Class diagrams are probably the most popular UML diagram type. They allow you to design software classes in a way that is language independent (to some extent). They are the most common use of UML that I have seen but I am not convinced about how much benefit they provide. I think that with modern development environments you might as well create skeleton classes in the language you intend to use (That is probably a subject for another blog!).

Where I have found class diagrams useful is for business analysis. In this context they allow you to communicate entity relationships to non-technical people. You know the sort of thing: employees have managers, managers are employees, employees can have more than one manager but only one line manager, and so on.

Another area where I feel they add benefit is when you are designing changes to existing code. Used like this I recommend producing diagrams that don’t show all the properties and methods of existing classes but only those that are relevant to the change being carried out. In this way the diagram helps by showing clearly what is to be changed without the “noise” of other, unrelated, areas of the existing system.

State Machine Diagrams

State machine diagrams are, apparently, an unglamorous side of UML that few people are interested in. Nonetheless I have found them brilliant for mapping out the flow of a user interface. In this context every screen in the application becomes a state and every transition shows how a user can move from one screen to another. This quickly shows if you have any glaring omissions (i.e. no way to cancel a transaction). Also, as your development project moves from design to coding, a state diagram helps developers understand how their part of the application’s user interface relates to others.

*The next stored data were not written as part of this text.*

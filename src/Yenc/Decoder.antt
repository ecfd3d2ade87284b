-- ===== src/Yenc/Decoder.antt =====
-- src/nksrv/lib/utils/yenc/dec.go: the decoder. The buffered reader below it is the sequence of the
-- bytes and errors to come, and `upto` what its `ReadUntil` takes of them.
use nksrv.Base.{
  ℕ, zero, suc, ◌+◌, ◌*◌, ◌-◌, ◌%◌, Bool, true, false, List, [], ◌∷◌, ◌++◌, Option, none, some,
  Bytes, leb, ◌==◌, if◌then◌else◌, length, take, drop, replicate, ◌&&◌,
}
use nksrv.BufReader.{ReadErr, at_end}
use nksrv.BufReader.Stream.{Item}
use nksrv.BufReader.Until.{UntilEnd, found, not_found, broken}
use nksrv.BufReader.Until.Items.{Upto, upto}
use nksrv.Sink.{Sink, Written}

-- An error of the reader, `ErrDelimNotFound` of `ReadUntil`, `errUnterminatedEscape`, or an error of
-- the writer.
pub data DecodeErr : Type 0 where
  of_reader : ReadErr → DecodeErr
  delim_not_found unterminated_escape : DecodeErr
  of_writer : ℕ → DecodeErr

-- `YDecoder`, with what is still to come from its reader.
pub record YDecoder : Type 0 where
  pub br : List Item
  pub line : Bytes
  pub linex : ℕ
  pub linelen : ℕ

abbrev pub line_size : ℕ
line_size = 1000

abbrev pub new_decoder : List Item → YDecoder
new_decoder is = record { br = is; line = replicate line_size 0; linex = 0; linelen = 0 }

abbrev pub reader_err : UntilEnd → Option DecodeErr
reader_err found = none
reader_err not_found = some delim_not_found
reader_err (broken e) = some (of_reader e)

-- `if n > 0 && d.line[n-1] == q { n-- }`.
abbrev pub strip : ℕ → Bytes → Bytes
strip q [] = []
strip q (c ∷ []) = if c == q then [] else c ∷ []
strip q (c ∷ d ∷ s) = c ∷ strip q (d ∷ s)

-- The loop over a line: what it is decoded to, and whether it ends inside of an escape.
abbrev pub decode_loop : Bool → Bytes → Bytes × Bool
decode_loop esc [] = ([], esc)
decode_loop true (c ∷ s) = let t = decode_loop false s in ((c + 192 + 214) % 256 ∷ t.0, t.1)
decode_loop false (c ∷ s) =
    if c == b'='
    then decode_loop true s
    else let t = decode_loop false s in ((c + 214) % 256 ∷ t.0, t.1)

-- `d.line[0] == '=' && d.line[1] == 'y'`, whatever part of the array the line takes.
abbrev pub is_keyword : Bytes → Bool
is_keyword (c ∷ d ∷ s) = c == b'=' && d == b'y'
is_keyword _ = false

-- The front of the array is written to.
abbrev pub overwrite : Bytes → Bytes → Bytes
overwrite bs line = bs ++ drop (length bs) line

abbrev pub escape_err : Option DecodeErr → Bool → Option DecodeErr
escape_err none true = some unterminated_escape
escape_err e _ = e

abbrev pub decode_line : YDecoder → Bytes × Bool → Option DecodeErr → YDecoder × Option DecodeErr
decode_line d t e =
    (record d { line = overwrite t.0 d.line; linex = 0; linelen = length t.0 }, escape_err e t.1)

-- `fetch`.
abbrev pub fetch_line : YDecoder → Upto → YDecoder × Option DecodeErr
fetch_line d t =
    let d' = record d { br = t.rest; line = overwrite t.bytes d.line } in
    if is_keyword d'.line
    then (d', reader_err t.how)
    else decode_line d' (decode_loop false (strip b'\r' (strip b'\n' t.bytes))) (reader_err t.how)

unfoldable pub fetch : YDecoder → YDecoder × Option DecodeErr
fetch d = fetch_line d (upto line_size b'\n' d.br)

-- The part of the line that is not handed out yet.
abbrev pub left : YDecoder → Bytes
left d = take (d.linelen - d.linex) (drop d.linex d.line)

-- What `Read` comes back with.
pub record ReadResult : Type 0 where
  pub bytes : Bytes
  pub err : Option DecodeErr
  pub decoder : YDecoder

-- `Read` into `l` bytes. None is the end of the fuel.
unfoldable pub read_loop : ℕ → ℕ → YDecoder → Option DecodeErr → Option ReadResult
read_loop zero l d err = none
read_loop (suc fuel) l d err = elim (d.linex == d.linelen) [
  | false ↦
      let n = if leb l (length (left d)) then l else length (left d) in
      some
        (record { bytes = take n (left d); err = err; decoder = record d { linex = d.linex + n } })
  | true ↦ elim err [
    | some e ↦ some (record { bytes = []; err = some e; decoder = d })
    | none ↦ let t = fetch d in read_loop fuel l t.0 t.1
  ]
]

-- Each call of `fetch` takes an item or fails.
unfoldable pub read : ℕ → YDecoder → Option ReadResult
read l d = read_loop (length d.br + 3) l d none

module _ (S : Sink) where
  -- What `WriteTo` comes back with.
  pub record WriteToResult : Type 0 where
    pub n : ℕ
    pub err : Option DecodeErr
    pub decoder : YDecoder
    pub w : S.State

  abbrev pub no_eof : DecodeErr → Option DecodeErr
  no_eof (of_reader at_end) = none
  no_eof e = some e

  -- `if err == nil || err == io.EOF { err = we }`.
  abbrev pub writer_err : Option DecodeErr → ℕ → Option DecodeErr
  writer_err none we = some (of_writer we)
  writer_err (some (of_reader at_end)) we = some (of_writer we)
  writer_err e we = e

  -- Behind a write: the writer's error, or the next round.
  abbrev pub after_write :
      YDecoder
      → ℕ
      → Option DecodeErr
      → Written S.State
      → (YDecoder → ℕ → S.State → Option WriteToResult)
      → Option WriteToResult
  after_write d n err wr again =
      let d' = record d { linex = d.linex + wr.count } in
      elim wr.err [
        | none ↦ again d' (n + wr.count) wr.sink
        | some we ↦
            some (record { n = n + wr.count; err = writer_err err we; decoder = d'; w = wr.sink })
      ]

  -- A round of either loop of `WriteTo`. None is the end of the fuel.
  unfoldable pub write_to_loop :
      ℕ → YDecoder → ℕ → Option DecodeErr → S.State → Option WriteToResult
  write_to_loop zero d n err w = none
  write_to_loop (suc fuel) d n err w = elim (d.linex == d.linelen) [
    | false ↦ after_write d n err (S.write (left d) w) (λ d' n' w'. write_to_loop fuel d' n' err w')
    | true ↦ elim err [
      | some e ↦ some (record { n = 0; err = no_eof e; decoder = d; w = w })
      | none ↦ let t = fetch d in write_to_loop fuel t.0 n t.1 w
    ]
  ]

  unfoldable pub write_to : YDecoder → S.State → Option WriteToResult
  write_to d w = write_to_loop (2 * length d.br + 4) d 0 none w
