-- ===== src/Yenc/Encoder.antt =====
-- src/nksrv/lib/utils/yenc/enc.go: the encoder, on any writer. Bytes are below 256, and their sums wrap.
use nksrv.Base.{
  ℕ, suc, ◌+◌, ◌%◌, Bool, true, false, ◌&&◌, ◌||◌, [], ◌∷◌, ◌++◌, Option, none, some, Bytes, leb,
  ◌==◌, if◌then◌else◌, length, drop,
}
use nksrv.Sink.{Sink, Written}

-- `lineLength`.
abbrev pub line_length : ℕ
line_length = 990

-- `c += 42`.
abbrev pub shift : ℕ → ℕ
shift c = (c + 42) % 256

-- The test of the bytes that are escaped, behind so many bytes of a line.
abbrev pub is_critical : ℕ → ℕ → Bool
is_critical bufi c = c == 0 || c == b'\r' || c == b'\n' || c == b'=' || bufi == 0 && c == b'.'

abbrev pub escaped : ℕ → Bool → Bytes
escaped c true = b'=' ∷ (c + 64) % 256 ∷ []
escaped c false = c ∷ []

-- What a byte is put to the buffer as.
unfoldable pub encode_byte : ℕ → ℕ → Bytes
encode_byte bufi c = escaped (shift c) (is_critical bufi (shift c))

abbrev pub crlf : Bytes
crlf = b'\r' ∷ b'\n' ∷ []

-- A byte is put to the buffer, and the line ended where it is long enough.
unfoldable pub put_byte : Bytes → ℕ → Bytes
put_byte buf c =
    let buf' = buf ++ encode_byte (length buf) c in
    if leb line_length (length buf') then buf' ++ crlf else buf'

-- `e.buf[e.bufi-1] != '\n'`, and the line end that is put there.
abbrev pub last_is : ℕ → Bytes → Bool
last_is q [] = false
last_is q (c ∷ []) = c == q
last_is q (_ ∷ c ∷ s) = last_is q (c ∷ s)

abbrev pub close_line : Bytes → Bytes
close_line buf = if last_is b'\n' buf then buf else buf ++ crlf

module _ (S : Sink) where
  open S use {State}

  -- `YEncoder`: the part of the buffer that is in use, and the writer.
  pub record YEncoder : Type 0 where
    pub buf : Bytes
    pub w : State

  -- `Write` and `Close` come back with a count and an error, or panic.
  pub data Result : Type 0 where
    returned : ℕ → Option ℕ → YEncoder → Result
    panicked : YEncoder → Result

  -- The buffer is written: `n` bytes of the input are done. What is not taken stays in the buffer.
  abbrev pub flushed : ℕ → Bytes → Written State → (YEncoder → Result) → Result
  flushed n buf wr more = elim wr.err [
    | some e ↦ returned n (some e) (record { buf = drop wr.count buf; w = wr.sink })
    | none ↦
        if wr.count == length buf
        then more (record { buf = []; w = wr.sink })
        else panicked (record { buf = buf; w = wr.sink })
  ]

  unfoldable pub flush : ℕ → YEncoder → (YEncoder → Result) → Result
  flush n e more = flushed n e.buf (S.write e.buf e.w) more

  -- The loop of `Write`, behind `i` bytes.
  unfoldable pub write_loop : ℕ → Bytes → YEncoder → Result
  write_loop i [] e = returned i none e
  write_loop i (c ∷ b) e =
      let put =
        λ (e' : YEncoder). write_loop (suc i) b (record { buf = put_byte e'.buf c; w = e'.w }) in
      if leb line_length (length e.buf) then flush i e put else put e

  unfoldable pub write : Bytes → YEncoder → Result
  write b e = write_loop 0 b e

  -- `Close`.
  unfoldable pub close : YEncoder → Result
  close e =
      if length e.buf == 0
      then returned 0 none e
      else flush 0 (record { buf = close_line e.buf; w = e.w }) (λ e'. returned 0 none e')

  abbrev pub new_encoder : State → YEncoder
  new_encoder w = record { buf = []; w = w }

I should add that, more generally, state diagrams are very good for designing any software that has to react to external events. When designing communications protocols I have often used state diagrams. The states typically become things like waiting for a message, message received, response sent, and so on. A state diagram quickly flushes out all the “what ifs” like what happens if the received message is corrupt?

Use Cases

Use cases are not, strictly speaking, part of UML but Martin Fowler includes information about them in his book because they are related to use case diagrams. Use cases provide an excellent and structured approach for gathering functional requirements. Documented use cases are very useful not just for documenting the requirements but also for allowing developers to understand how the software they are writing will be used. On one project I worked on I instituted a practice of including relevant use cases in the technical specifications given to developers so that they could properly appreciate what the software they were writing was aiming to achieve.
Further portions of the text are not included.